## 43.23 Projections

Recall that we are working over a fixed algebraically closed ground field $\mathbf{C}$. If $V$ is a finite dimensional vector space over $\mathbf{C}$ then we set

$\mathbf{P}(V) = \text{Proj}(\text{Sym}(V))$

where $\text{Sym}(V)$ is the symmetric algebra on $V$ over $\mathbf{C}$. See Constructions, Example 27.21.2. The normalization is chosen such that $V = \Gamma (\mathbf{P}(V), \mathcal{O}_{\mathbf{P}(V)}(1))$. Of course we have $\mathbf{P}(V) \cong \mathbf{P}^ n_{\mathbf{C}}$ if $\dim (V) = n + 1$. We note that $\mathbf{P}(V)$ is a nonsingular projective variety.

Let $p \in \mathbf{P}(V)$ be a closed point. The point $p$ corresponds to a surjection $V \to L_ p$ of vector spaces where $\dim (L_ p) = 1$, see Constructions, Lemma 27.12.3. Let us denote $W_ p = \mathop{\mathrm{Ker}}(V \to L_ p)$. Projection from $p$ is the morphism

$r_ p : \mathbf{P}(V) \setminus \{ p\} \longrightarrow \mathbf{P}(W_ p)$

of Constructions, Lemma 27.11.1. Here is a lemma to warm up.

Lemma 43.23.1. Let $V$ be a vector space of dimension $n + 1$. Let $X \subset \mathbf{P}(V)$ be a closed subscheme. If $X \not= \mathbf{P}(V)$, then there is a nonempty Zariski open $U \subset \mathbf{P}(V)$ such that for all closed points $p \in U$ the restriction of the projection $r_ p$ defines a finite morphism $r_ p|_ X : X \to \mathbf{P}(W_ p)$.

Proof. We claim the lemma holds with $U = \mathbf{P}(V) \setminus X$. For a closed point $p$ of $U$ we indeed obtain a morphism $r_ p|_ X : X \to \mathbf{P}(W_ p)$. This morphism is proper because $X$ is a proper scheme (Morphisms, Lemmas 29.43.5 and 29.41.7). On the other hand, the fibres of $r_ p$ are affine lines as can be seen by a direct calculation. Hence the fibres of $r_ p|X$ are proper and affine, whence finite (Morphisms, Lemma 29.44.11). Finally, a proper morphism with finite fibres is finite (Cohomology of Schemes, Lemma 30.21.1). $\square$

Lemma 43.23.2. Let $V$ be a vector space of dimension $n + 1$. Let $X \subset \mathbf{P}(V)$ be a closed subvariety. Let $x \in X$ be a nonsingular point.

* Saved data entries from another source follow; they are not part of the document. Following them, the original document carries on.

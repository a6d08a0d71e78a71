-- ===== src/Signals/Overdue.antt =====
-- What the expiry of threads does to each assembly and conversation
-- (src/app/domains/copy_trading/workers.py).
use signalsync_be.Base.{
  ℕ, ◌≤◌, ◌≡◌, ◌≢◌, refl, ◌⊎◌, ◌↔◌, inl, inr, Bool, true, false, not, ◌&&◌, some, List, [], ◌∷◌,
  IsIn, any, ◌==◌, ==_iff, Bool-cases, or_true, arith,
}
use signalsync_be.Signals.Lifecycle.{
  RouteAssemblyState, assembling, ready, executing, completed, expired, skipped, failed, timed_out,
  is_assembling, is_still_active, if_there, RouteSignalAssembly, SignalConversation, is_overdue,
  expire_overdue, has_overdue, has_active, end_conversations, required_details_timeout,
}

-- It waits for details, and its deadline has come.
abbrev pub IsOverdue : ℕ → RouteSignalAssembly → Type 0
IsOverdue now a = (a.state ≡ assembling) × (a.assembly_deadline ≤ now)

is_assembling_iff :
    (state : RouteAssemblyState) → (is_assembling state ≡ true) ↔ (state ≡ assembling)
is_assembling_iff assembling = ((λ h. refl), (λ h. refl))
is_assembling_iff ready = ((λ h. cc), (λ h. cc))
is_assembling_iff executing = ((λ h. cc), (λ h. cc))
is_assembling_iff completed = ((λ h. cc), (λ h. cc))
is_assembling_iff expired = ((λ h. cc), (λ h. cc))
is_assembling_iff skipped = ((λ h. cc), (λ h. cc))
is_assembling_iff failed = ((λ h. cc), (λ h. cc))

both : (x : Bool) {y : Bool} → (x && y) ≡ true → (x ≡ true) × (y ≡ true)
both true h = (refl, h)
both false h = absurd (cc h)

is_overdue_iff : (now : ℕ) (a : RouteSignalAssembly) → (is_overdue now a ≡ true) ↔ IsOverdue now a
unfolding is_overdue
is_overdue_iff now a =
    let state = is_assembling_iff a.state in
    (
      (λ h. (
        state.0 (both (is_assembling a.state) h).0,
        ground (arith, (both (is_assembling a.state) h).1),
      )),
      (λ (waits, due). rw (state.1 waits) (ground (arith, due))),
    )

any_iff :
    {A : Type 0} (test : A → Bool) (xs : List A)
    → (any test xs ≡ true) ↔ ((a : A) × IsIn a xs × (test a ≡ true))
any_iff test [] = ((λ h. cc), (λ (a, m, t). absurd m))
any_iff test (x ∷ xs) =
    let ih = any_iff test xs in
    (
      (λ h. elim (Bool-cases (test x)) [
        | inl e ↦ (x, inl refl, e)
        | inr e ↦ let (a, m, t) = ih.0 (rw e at h) in (a, inr m, t)
      ]),
      (λ (a, m, t). elim m [ inl p ↦ rw (← p) (rw t) | inr q ↦ or_true (test x) (ih.1 (a, q, t)) ]),
    )

-- Each assembly that is overdue has expired for want of details, and the others are as they were.
abbrev pub IsExpired : ℕ → List RouteSignalAssembly → List RouteSignalAssembly → Type 0
IsExpired now [] [] = Unit
IsExpired now (a ∷ before) (b ∷ after) =
    ((IsOverdue now a
        × (b ≡ record a {
          state = expired;
          completed_at = some now;
          terminal_reason = some required_details_timeout;
        }))
      ⊎ ((¬ IsOverdue now a) × (b ≡ a)))
    × IsExpired now before after
IsExpired now _ _ = ⊥

pub expire_overdue-IsExpired :
    (now : ℕ) (assemblies : List RouteSignalAssembly)
    → IsExpired now assemblies (expire_overdue now assemblies)
unfolding expire_overdue
expire_overdue-IsExpired now [] = tt
expire_overdue-IsExpired now (a ∷ assemblies) =
    let rest = expire_overdue-IsExpired now assemblies in
    elim (Bool-cases (is_overdue now a)) [
      | inl e ↦ rw e (inl ((is_overdue_iff now a).0 e, refl), rest)
      | inr e ↦ rw e (inr ((λ due. cc ((is_overdue_iff now a).1 due, e)), refl), rest)
    ]

-- One of its assemblies was overdue, and none of them goes on.
abbrev pub IsOver :
    ℕ → List RouteSignalAssembly → List RouteSignalAssembly → SignalConversation → Type 0
IsOver now before after c =
    ((a : RouteSignalAssembly) × IsIn a before × IsOverdue now a × (a.conversation_id ≡ c.id))
    × ((a : RouteSignalAssembly)
        → IsIn a after
        → a.conversation_id ≡ c.id
        → (a.state ≢ assembling) × (a.state ≢ ready) × (a.state ≢ executing))

-- The conversations that are over time out, with their older thread where it exists, and the others
-- are as they were.
abbrev pub IsEnded :
    ℕ
    → List RouteSignalAssembly
    → List RouteSignalAssembly
    → List SignalConversation
    → List SignalConversation
    → Type 0
IsEnded now before after [] [] = Unit
IsEnded now before after (c ∷ conversations) (d ∷ ended) =
    ((IsOver now before after c
        × (d ≡ record c { state = timed_out; legacy_state = if_there c.legacy_state timed_out }))
      ⊎ ((¬ IsOver now before after c) × (d ≡ c)))
    × IsEnded now before after conversations ended
IsEnded now before after _ _ = ⊥

flip : {x : Bool} → not x ≡ true → x ≡ false
flip {x = true} h = absurd (cc h)
flip {x = false} h = refl

idle_iff :
    (state : RouteAssemblyState)
    → (is_still_active state ≡ false)
      ↔ ((state ≢ assembling) × (state ≢ ready) × (state ≢ executing))
idle_iff assembling = ((λ h. cc), (λ (x, y, z). absurd (x refl)))
idle_iff ready = ((λ h. cc), (λ (x, y, z). absurd (y refl)))
idle_iff executing = ((λ h. cc), (λ (x, y, z). absurd (z refl)))
idle_iff completed = ((λ h. ((λ e. cc e), (λ e. cc e), (λ e. cc e))), (λ h. refl))
idle_iff expired = ((λ h. ((λ e. cc e), (λ e. cc e), (λ e. cc e))), (λ h. refl))
idle_iff skipped = ((λ h. ((λ e. cc e), (λ e. cc e), (λ e. cc e))), (λ h. refl))
idle_iff failed = ((λ h. ((λ e. cc e), (λ e. cc e), (λ e. cc e))), (λ h. refl))

has_overdue_iff :
    (now id : ℕ) (assemblies : List RouteSignalAssembly)
    → (has_overdue now id assemblies ≡ true)
      ↔ ((a : RouteSignalAssembly) × IsIn a assemblies × IsOverdue now a × (a.conversation_id ≡ id))
has_overdue_iff now id assemblies =
    let found = any_iff (λ a. is_overdue now a && a.conversation_id == id) assemblies in
    (
      (λ h.
          let (a, m, t) = found.0 h in
          let (due, own) = both (is_overdue now a) t in
          (a, m, (is_overdue_iff now a).0 due, (==_iff a.conversation_id id).0 own)),
      (λ (a, m, due, own).
          found.1
            (a, m, rw ((is_overdue_iff now a).1 due, (==_iff a.conversation_id id).1 own) refl)),
    )

inactive_iff :
    (id : ℕ) (assemblies : List RouteSignalAssembly)
    → (has_active id assemblies ≡ false) ↔ (
        (a : RouteSignalAssembly)
        → IsIn a assemblies
        → a.conversation_id ≡ id
        → (a.state ≢ assembling) × (a.state ≢ ready) × (a.state ≢ executing))
inactive_iff id assemblies =
    let found = any_iff (λ a. a.conversation_id == id && is_still_active a.state) assemblies in
    (
      (λ h a m own. elim (Bool-cases (is_still_active a.state)) [
        | inr f ↦ (idle_iff a.state).0 f
        | inl t ↦
            let active = found.1 (a, m, rw ((==_iff a.conversation_id id).1 own, t) refl) in
            absurd (cc (active, h))
      ]),
      (λ all. elim (Bool-cases (has_active id assemblies)) [
        | inr f ↦ f
        | inl t ↦
            let (a, m, u) = found.0 t in
            let (own, going) = both (a.conversation_id == id) u in
            let ended = (idle_iff a.state).1 (all a m ((==_iff a.conversation_id id).0 own)) in
            absurd (cc (going, ended))
      ]),
    )

times_out_iff :
    (now : ℕ) (before after : List RouteSignalAssembly) (c : SignalConversation)
    → ((has_overdue now c.id before && not (has_active c.id after)) ≡ true)
      ↔ IsOver now before after c
times_out_iff now before after c =
    let due = has_overdue_iff now c.id before in
    let idle_after = inactive_iff c.id after in
    (
      (λ h.
          let (some_due, none_going) = both (has_overdue now c.id before) h in
          (due.0 some_due, idle_after.0 (flip none_going))),
      (λ (some_due, none_going). rw (due.1 some_due, idle_after.1 none_going) refl),
    )

pub end_conversations-IsEnded :
    (now : ℕ) (before after : List RouteSignalAssembly) (conversations : List SignalConversation)
    → IsEnded now before after conversations (end_conversations now before after conversations)
unfolding end_conversations
end_conversations-IsEnded now before after [] = tt
end_conversations-IsEnded now before after (c ∷ conversations) =
    let rest = end_conversations-IsEnded now before after conversations in
    let over = times_out_iff now before after c in
    elim (Bool-cases (has_overdue now c.id before && not (has_active c.id after))) [
      | inl e ↦ rw e (inl (over.0 e, refl), rest)
      | inr e ↦ rw e (inr ((λ is_over. cc (over.1 is_over, e)), refl), rest)
    ]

1. If $\dim (X) < n - 1$, then there is a nonempty Zariski open $U \subset \mathbf{P}(V)$ such that for all closed points $p \in U$ the morphism $r_ p|_ X : X \to r_ p(X)$ is an isomorphism over an open neighbourhood of $r_ p(x)$.

2. If $\dim (X) = n - 1$, then there is a nonempty Zariski open $U \subset \mathbf{P}(V)$ such that for all closed points $p \in U$ the morphism $r_ p|_ X : X \to \mathbf{P}(W_ p)$ is étale at $x$.

Proof. Proof of (1). Note that if $x, y \in X$ have the same image under $r_ p$ then $p$ is on the line $\overline{xy}$. Consider the finite type scheme

$T = \{ (y, p) \mid y \in X \setminus \{ x\} ,\ p \in \mathbf{P}(V),\ p \in \overline{xy}\}$

and the morphisms $T \to X$ and $T \to \mathbf{P}(V)$ given by $(y, p) \mapsto y$ and $(y, p) \mapsto p$. Since each fibre of $T \to X$ is a line, we see that the dimension of $T$ is $\dim (X) + 1 < \dim (\mathbf{P}(V))$. Hence $T \to \mathbf{P}(V)$ is not surjective. On the other hand, consider the finite type scheme

$T' = \{ p \mid p \in \mathbf{P}(V) \setminus \{ x\} , \ \overline{xp}\text{ tangent to }X\text{ at }x\}$

Then the dimension of $T'$ is $\dim (X) < \dim (\mathbf{P}(V))$. Thus the morphism $T' \to \mathbf{P}(V)$ is not surjective either. Let $U \subset \mathbf{P}(V) \setminus X$ be nonempty open and disjoint from these images; such a $U$ exists because the images of $T$ and $T'$ in $\mathbf{P}(V)$ are constructible by Morphisms, Lemma 29.22.2. Then for $p \in U$ closed the projection $r_ p|_ X : X \to \mathbf{P}(W_ p)$ is injective on the tangent space at $x$ and $r_ p^{-1}(\{ r_ p(x)\} ) = \{ x\}$. This means that $r_ p$ is unramified at $x$ (Varieties, Lemma 33.16.8), finite by Lemma 43.23.1, and $r_ p^{-1}(\{ r_ p(x)\} ) = \{ x\}$ thus Étale Morphisms, Lemma 41.7.3 applies and there is an open neighbourhood $R$ of $r_ p(x)$ in $\mathbf{P}(W_ p)$ such that $(r_ p|_ X)^{-1}(R) \to R$ is a closed immersion which proves (1).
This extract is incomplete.